======== Available records ========
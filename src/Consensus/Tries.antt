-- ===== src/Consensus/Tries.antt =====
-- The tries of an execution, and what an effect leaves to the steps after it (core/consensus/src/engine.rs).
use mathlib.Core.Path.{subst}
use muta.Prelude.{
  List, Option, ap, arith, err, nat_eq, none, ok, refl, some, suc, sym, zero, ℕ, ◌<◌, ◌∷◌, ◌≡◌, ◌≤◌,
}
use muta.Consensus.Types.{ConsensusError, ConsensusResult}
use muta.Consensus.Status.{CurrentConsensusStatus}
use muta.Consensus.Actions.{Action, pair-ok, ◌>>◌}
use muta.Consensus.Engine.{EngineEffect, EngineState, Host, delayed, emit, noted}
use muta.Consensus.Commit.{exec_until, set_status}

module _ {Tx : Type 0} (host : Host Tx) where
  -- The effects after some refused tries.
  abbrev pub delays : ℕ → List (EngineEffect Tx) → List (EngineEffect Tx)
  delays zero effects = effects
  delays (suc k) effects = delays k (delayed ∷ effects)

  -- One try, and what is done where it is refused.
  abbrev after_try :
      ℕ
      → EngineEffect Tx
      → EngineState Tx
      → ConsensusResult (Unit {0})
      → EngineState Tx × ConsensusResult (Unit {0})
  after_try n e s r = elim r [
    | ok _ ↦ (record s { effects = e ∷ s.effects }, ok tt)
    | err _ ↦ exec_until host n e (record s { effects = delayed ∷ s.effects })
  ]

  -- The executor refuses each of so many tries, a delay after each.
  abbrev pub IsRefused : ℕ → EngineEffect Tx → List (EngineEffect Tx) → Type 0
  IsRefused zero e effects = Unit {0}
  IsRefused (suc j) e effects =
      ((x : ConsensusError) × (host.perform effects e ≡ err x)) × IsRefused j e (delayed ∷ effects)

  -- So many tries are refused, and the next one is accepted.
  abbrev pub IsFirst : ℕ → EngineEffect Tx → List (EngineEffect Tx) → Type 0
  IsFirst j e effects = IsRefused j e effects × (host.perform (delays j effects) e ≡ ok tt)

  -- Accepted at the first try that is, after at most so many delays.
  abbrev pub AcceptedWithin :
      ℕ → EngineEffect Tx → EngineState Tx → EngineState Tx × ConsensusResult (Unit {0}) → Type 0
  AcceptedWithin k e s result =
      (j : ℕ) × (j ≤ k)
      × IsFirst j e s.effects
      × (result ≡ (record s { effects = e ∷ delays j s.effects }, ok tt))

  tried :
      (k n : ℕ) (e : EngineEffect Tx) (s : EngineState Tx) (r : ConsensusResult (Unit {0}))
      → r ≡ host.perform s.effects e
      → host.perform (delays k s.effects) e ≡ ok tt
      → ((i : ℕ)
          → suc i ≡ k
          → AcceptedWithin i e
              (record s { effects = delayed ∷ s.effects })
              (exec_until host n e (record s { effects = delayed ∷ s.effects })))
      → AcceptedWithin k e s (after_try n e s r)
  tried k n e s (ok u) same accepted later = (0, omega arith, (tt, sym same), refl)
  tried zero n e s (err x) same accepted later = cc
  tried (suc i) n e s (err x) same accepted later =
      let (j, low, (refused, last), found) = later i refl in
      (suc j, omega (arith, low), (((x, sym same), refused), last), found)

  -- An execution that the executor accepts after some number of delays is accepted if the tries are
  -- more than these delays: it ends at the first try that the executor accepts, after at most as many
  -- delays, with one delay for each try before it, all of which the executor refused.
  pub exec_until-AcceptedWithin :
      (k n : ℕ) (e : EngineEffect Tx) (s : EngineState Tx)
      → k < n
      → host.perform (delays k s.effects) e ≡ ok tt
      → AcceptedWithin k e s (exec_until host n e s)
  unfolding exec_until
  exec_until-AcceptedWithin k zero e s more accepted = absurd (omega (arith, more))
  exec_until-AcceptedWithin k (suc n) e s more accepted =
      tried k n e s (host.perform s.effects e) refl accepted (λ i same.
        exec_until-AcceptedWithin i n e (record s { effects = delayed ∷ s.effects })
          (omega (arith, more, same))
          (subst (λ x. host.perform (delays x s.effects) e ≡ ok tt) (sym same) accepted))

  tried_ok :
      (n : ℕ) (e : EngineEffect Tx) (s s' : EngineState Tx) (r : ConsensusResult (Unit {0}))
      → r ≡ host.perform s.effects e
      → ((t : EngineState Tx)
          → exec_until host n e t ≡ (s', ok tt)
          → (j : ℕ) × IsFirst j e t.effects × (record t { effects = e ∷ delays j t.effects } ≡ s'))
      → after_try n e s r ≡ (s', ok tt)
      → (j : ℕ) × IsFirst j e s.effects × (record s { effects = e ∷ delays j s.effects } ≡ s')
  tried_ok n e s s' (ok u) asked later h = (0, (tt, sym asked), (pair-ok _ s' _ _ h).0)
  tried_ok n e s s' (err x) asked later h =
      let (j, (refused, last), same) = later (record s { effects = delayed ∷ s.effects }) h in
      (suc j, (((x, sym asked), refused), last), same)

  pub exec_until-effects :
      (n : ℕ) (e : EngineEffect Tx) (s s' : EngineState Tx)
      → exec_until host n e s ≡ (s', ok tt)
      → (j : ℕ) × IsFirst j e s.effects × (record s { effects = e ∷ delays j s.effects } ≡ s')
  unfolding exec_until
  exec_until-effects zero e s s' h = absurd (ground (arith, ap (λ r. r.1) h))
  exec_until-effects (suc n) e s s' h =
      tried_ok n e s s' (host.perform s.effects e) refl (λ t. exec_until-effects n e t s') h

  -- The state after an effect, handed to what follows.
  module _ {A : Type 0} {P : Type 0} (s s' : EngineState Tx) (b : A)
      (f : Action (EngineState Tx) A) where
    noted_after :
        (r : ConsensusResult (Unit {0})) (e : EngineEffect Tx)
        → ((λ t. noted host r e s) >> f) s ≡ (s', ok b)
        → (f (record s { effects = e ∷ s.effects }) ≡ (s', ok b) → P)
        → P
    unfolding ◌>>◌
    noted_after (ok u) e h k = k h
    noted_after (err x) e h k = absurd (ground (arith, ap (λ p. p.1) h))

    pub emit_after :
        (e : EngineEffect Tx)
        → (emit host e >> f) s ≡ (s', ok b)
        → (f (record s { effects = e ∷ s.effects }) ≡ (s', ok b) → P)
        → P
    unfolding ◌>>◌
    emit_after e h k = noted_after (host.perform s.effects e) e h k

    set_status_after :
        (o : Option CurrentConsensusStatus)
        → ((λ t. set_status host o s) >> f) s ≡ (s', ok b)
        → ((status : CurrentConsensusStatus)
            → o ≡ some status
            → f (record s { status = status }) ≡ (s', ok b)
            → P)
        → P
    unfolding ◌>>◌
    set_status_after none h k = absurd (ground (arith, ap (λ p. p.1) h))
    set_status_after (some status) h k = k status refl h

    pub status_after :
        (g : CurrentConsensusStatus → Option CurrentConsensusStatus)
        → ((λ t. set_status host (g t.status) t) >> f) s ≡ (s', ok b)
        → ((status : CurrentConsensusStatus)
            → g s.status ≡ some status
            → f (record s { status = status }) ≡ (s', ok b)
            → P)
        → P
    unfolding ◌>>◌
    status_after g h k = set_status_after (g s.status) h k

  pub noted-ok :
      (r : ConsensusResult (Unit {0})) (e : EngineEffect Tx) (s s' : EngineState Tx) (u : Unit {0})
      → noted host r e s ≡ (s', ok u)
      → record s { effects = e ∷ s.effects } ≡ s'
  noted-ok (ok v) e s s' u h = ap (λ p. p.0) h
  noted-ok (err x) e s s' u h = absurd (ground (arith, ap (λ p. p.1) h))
========
======== Available records ========
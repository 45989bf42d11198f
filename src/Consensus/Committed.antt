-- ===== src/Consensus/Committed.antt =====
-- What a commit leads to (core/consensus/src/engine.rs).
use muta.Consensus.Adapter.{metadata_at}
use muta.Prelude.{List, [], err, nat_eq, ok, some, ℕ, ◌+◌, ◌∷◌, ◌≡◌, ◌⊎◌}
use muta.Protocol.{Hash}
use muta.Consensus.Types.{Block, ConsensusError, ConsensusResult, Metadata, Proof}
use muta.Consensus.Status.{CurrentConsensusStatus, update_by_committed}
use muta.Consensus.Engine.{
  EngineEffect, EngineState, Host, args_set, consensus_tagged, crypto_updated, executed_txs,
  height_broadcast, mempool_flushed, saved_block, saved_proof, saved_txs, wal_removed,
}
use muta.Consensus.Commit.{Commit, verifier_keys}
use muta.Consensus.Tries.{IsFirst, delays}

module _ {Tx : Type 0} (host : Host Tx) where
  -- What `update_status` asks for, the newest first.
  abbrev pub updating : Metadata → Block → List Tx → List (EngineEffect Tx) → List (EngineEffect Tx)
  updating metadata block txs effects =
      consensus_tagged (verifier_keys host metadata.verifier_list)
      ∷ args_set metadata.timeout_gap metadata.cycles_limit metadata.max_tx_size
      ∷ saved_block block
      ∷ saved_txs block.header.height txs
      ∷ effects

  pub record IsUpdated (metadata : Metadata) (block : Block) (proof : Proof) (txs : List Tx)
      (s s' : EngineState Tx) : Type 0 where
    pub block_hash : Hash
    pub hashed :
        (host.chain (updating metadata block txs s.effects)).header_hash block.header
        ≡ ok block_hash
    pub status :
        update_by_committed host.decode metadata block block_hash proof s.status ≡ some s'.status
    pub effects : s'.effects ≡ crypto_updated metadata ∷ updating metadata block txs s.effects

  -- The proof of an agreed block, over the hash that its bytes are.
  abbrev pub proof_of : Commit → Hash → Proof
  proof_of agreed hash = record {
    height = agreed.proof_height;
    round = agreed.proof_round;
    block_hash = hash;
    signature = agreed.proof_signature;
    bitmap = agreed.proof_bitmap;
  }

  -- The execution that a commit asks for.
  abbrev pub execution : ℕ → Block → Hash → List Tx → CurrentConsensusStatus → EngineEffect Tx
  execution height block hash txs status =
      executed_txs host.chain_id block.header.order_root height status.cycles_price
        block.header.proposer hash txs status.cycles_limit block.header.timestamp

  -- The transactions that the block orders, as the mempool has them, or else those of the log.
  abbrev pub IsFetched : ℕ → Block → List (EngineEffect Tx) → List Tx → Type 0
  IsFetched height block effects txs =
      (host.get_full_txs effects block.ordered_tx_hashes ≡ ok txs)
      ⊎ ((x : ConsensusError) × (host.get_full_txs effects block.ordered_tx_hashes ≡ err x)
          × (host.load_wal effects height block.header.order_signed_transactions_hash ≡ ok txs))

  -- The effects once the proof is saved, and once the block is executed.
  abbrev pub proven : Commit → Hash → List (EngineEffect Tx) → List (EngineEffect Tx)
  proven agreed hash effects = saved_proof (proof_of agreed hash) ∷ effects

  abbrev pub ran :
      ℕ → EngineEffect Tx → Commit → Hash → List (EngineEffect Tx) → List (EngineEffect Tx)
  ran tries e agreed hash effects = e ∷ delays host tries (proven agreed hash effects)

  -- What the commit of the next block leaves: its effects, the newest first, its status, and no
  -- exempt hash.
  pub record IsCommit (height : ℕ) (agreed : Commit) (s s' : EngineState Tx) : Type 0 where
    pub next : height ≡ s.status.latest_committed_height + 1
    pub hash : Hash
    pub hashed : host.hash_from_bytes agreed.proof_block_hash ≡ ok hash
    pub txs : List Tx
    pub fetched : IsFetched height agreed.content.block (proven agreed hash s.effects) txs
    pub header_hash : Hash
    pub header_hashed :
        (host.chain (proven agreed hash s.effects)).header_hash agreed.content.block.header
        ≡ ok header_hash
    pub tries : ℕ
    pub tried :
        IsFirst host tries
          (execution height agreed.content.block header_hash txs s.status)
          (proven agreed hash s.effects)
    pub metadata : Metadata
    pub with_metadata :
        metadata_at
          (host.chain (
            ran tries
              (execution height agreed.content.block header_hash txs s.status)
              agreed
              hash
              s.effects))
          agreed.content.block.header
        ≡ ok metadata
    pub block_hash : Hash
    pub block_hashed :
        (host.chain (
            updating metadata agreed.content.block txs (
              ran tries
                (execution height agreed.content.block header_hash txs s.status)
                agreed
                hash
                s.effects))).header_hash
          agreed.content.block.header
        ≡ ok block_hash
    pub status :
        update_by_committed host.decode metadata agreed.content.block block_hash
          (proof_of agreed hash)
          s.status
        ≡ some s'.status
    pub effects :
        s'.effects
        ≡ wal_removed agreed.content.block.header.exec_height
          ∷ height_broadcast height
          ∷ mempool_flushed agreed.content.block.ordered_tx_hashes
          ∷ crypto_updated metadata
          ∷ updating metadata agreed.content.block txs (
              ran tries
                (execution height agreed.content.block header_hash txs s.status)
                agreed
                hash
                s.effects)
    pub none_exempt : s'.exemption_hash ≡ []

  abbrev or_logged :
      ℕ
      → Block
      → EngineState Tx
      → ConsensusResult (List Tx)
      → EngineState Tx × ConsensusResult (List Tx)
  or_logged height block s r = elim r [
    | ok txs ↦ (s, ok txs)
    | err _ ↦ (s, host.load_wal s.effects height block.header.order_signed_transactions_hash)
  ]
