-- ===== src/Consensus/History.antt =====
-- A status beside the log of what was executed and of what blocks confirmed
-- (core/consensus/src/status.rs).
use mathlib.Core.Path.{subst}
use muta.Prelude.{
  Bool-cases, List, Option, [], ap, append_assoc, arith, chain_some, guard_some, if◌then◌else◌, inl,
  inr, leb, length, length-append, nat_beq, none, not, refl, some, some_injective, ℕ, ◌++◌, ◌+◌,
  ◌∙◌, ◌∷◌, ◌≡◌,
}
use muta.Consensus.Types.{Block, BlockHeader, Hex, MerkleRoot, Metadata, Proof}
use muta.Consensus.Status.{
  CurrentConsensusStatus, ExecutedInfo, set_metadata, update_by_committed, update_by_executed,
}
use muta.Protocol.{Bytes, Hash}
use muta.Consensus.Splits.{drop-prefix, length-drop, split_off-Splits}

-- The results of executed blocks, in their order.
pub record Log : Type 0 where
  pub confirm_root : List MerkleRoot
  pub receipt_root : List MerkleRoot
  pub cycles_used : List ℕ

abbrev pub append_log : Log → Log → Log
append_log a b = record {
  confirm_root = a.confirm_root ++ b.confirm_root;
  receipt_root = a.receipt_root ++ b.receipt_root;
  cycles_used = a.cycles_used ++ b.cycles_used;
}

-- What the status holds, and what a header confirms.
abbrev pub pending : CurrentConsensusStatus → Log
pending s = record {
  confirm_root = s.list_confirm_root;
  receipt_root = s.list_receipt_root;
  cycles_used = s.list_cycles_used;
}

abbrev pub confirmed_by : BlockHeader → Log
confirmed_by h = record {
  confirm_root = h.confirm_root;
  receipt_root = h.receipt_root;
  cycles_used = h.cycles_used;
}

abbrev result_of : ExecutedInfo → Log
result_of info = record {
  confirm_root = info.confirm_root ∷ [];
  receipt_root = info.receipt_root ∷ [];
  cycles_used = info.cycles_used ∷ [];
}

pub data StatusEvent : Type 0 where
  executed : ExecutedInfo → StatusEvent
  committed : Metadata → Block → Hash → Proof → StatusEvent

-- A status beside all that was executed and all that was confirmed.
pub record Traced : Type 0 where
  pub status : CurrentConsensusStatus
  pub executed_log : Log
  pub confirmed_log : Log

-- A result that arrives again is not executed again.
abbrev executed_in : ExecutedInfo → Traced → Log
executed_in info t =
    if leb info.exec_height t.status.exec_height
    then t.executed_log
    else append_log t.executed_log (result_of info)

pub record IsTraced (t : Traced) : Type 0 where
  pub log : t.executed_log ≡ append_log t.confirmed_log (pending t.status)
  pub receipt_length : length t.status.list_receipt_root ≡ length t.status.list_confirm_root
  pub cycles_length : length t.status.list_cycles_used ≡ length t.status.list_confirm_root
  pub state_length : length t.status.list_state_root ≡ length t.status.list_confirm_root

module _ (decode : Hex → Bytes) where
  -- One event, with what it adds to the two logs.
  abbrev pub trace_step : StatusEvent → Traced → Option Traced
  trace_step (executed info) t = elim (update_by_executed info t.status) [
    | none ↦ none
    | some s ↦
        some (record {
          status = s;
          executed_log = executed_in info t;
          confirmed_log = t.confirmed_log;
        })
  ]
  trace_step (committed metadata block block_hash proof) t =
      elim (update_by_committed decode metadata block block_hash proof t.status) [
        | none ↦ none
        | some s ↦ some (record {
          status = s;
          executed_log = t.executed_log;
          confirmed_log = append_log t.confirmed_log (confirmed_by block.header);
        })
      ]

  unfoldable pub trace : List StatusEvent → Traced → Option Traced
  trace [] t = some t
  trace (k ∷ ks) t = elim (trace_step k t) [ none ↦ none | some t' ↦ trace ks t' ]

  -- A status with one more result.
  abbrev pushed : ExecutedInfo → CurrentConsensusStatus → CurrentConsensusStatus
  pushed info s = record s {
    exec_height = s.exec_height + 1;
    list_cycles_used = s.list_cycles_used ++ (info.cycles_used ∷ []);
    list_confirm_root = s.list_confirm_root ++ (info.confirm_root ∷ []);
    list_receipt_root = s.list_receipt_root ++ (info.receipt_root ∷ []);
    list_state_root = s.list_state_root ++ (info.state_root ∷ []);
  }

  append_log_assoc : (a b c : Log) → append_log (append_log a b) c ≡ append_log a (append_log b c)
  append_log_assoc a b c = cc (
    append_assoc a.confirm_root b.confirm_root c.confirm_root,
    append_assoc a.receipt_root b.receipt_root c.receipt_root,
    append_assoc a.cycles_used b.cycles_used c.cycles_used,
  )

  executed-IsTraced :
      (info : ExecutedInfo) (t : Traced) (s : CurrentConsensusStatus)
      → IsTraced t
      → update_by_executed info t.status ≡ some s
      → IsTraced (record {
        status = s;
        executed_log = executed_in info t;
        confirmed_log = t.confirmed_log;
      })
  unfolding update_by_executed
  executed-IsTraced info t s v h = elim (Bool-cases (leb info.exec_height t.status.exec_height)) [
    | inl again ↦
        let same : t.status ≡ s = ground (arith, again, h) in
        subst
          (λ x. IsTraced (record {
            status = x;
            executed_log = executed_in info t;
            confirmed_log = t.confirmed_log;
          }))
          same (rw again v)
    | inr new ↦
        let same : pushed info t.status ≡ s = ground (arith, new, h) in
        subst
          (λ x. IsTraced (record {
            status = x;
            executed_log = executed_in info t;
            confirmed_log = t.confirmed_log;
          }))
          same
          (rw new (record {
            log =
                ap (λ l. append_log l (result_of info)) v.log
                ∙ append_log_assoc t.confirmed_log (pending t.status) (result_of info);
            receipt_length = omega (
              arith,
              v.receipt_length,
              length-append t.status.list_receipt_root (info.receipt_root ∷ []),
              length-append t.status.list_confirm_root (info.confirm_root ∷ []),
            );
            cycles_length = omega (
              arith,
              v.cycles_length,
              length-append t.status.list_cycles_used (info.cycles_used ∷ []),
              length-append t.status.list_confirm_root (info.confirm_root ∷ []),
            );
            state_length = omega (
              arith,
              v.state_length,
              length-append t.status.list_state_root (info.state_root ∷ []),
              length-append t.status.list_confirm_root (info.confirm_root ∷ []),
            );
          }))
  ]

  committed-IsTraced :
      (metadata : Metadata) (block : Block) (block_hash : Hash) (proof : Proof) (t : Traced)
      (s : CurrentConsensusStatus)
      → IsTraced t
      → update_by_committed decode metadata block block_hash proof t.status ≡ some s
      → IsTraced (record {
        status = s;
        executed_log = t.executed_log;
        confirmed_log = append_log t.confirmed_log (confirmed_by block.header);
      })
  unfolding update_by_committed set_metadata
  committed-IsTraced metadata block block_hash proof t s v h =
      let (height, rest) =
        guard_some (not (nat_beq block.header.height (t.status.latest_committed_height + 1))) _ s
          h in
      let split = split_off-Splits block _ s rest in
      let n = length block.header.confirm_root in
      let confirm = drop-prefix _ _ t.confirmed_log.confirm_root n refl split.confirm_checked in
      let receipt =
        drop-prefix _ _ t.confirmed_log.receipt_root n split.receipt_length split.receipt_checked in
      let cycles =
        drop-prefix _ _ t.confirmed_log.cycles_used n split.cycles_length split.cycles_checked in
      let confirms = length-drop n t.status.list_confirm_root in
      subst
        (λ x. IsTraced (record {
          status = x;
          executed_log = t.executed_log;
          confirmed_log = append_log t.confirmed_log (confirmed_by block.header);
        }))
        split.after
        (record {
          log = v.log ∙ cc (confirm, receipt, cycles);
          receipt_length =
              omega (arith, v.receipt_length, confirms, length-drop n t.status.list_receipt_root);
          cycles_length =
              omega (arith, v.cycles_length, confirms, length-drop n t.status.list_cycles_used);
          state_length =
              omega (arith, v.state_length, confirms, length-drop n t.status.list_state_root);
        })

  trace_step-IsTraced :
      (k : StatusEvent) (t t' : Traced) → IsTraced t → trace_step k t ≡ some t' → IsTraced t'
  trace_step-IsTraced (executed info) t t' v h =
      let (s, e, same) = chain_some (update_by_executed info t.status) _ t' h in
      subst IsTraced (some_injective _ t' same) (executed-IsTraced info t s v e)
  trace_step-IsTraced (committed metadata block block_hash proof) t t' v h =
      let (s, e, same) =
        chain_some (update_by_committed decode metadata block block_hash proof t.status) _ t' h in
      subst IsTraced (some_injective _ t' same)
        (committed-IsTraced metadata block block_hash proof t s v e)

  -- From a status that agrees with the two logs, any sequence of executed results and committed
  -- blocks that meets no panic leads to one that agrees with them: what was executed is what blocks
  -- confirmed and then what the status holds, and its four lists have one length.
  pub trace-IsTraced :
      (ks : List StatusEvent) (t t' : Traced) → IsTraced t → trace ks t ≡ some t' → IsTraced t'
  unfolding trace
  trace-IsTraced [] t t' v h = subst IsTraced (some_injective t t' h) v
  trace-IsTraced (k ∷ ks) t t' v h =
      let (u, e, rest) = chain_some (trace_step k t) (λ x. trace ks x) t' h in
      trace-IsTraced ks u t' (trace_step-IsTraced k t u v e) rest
========
Your response should be the lines of the entries above that include the string "updating".

  abbrev pub updating : Metadata → Block → List Tx → List (EngineEffect Tx) → List (EngineEffect Tx)
  updating metadata block txs effects =
        (host.chain (updating metadata block txs s.effects)).header_hash block.header
    pub effects : s'.effects ≡ crypto_updated metadata ∷ updating metadata block txs s.effects
            updating metadata agreed.content.block txs (
          ∷ updating metadata agreed.content.block txs (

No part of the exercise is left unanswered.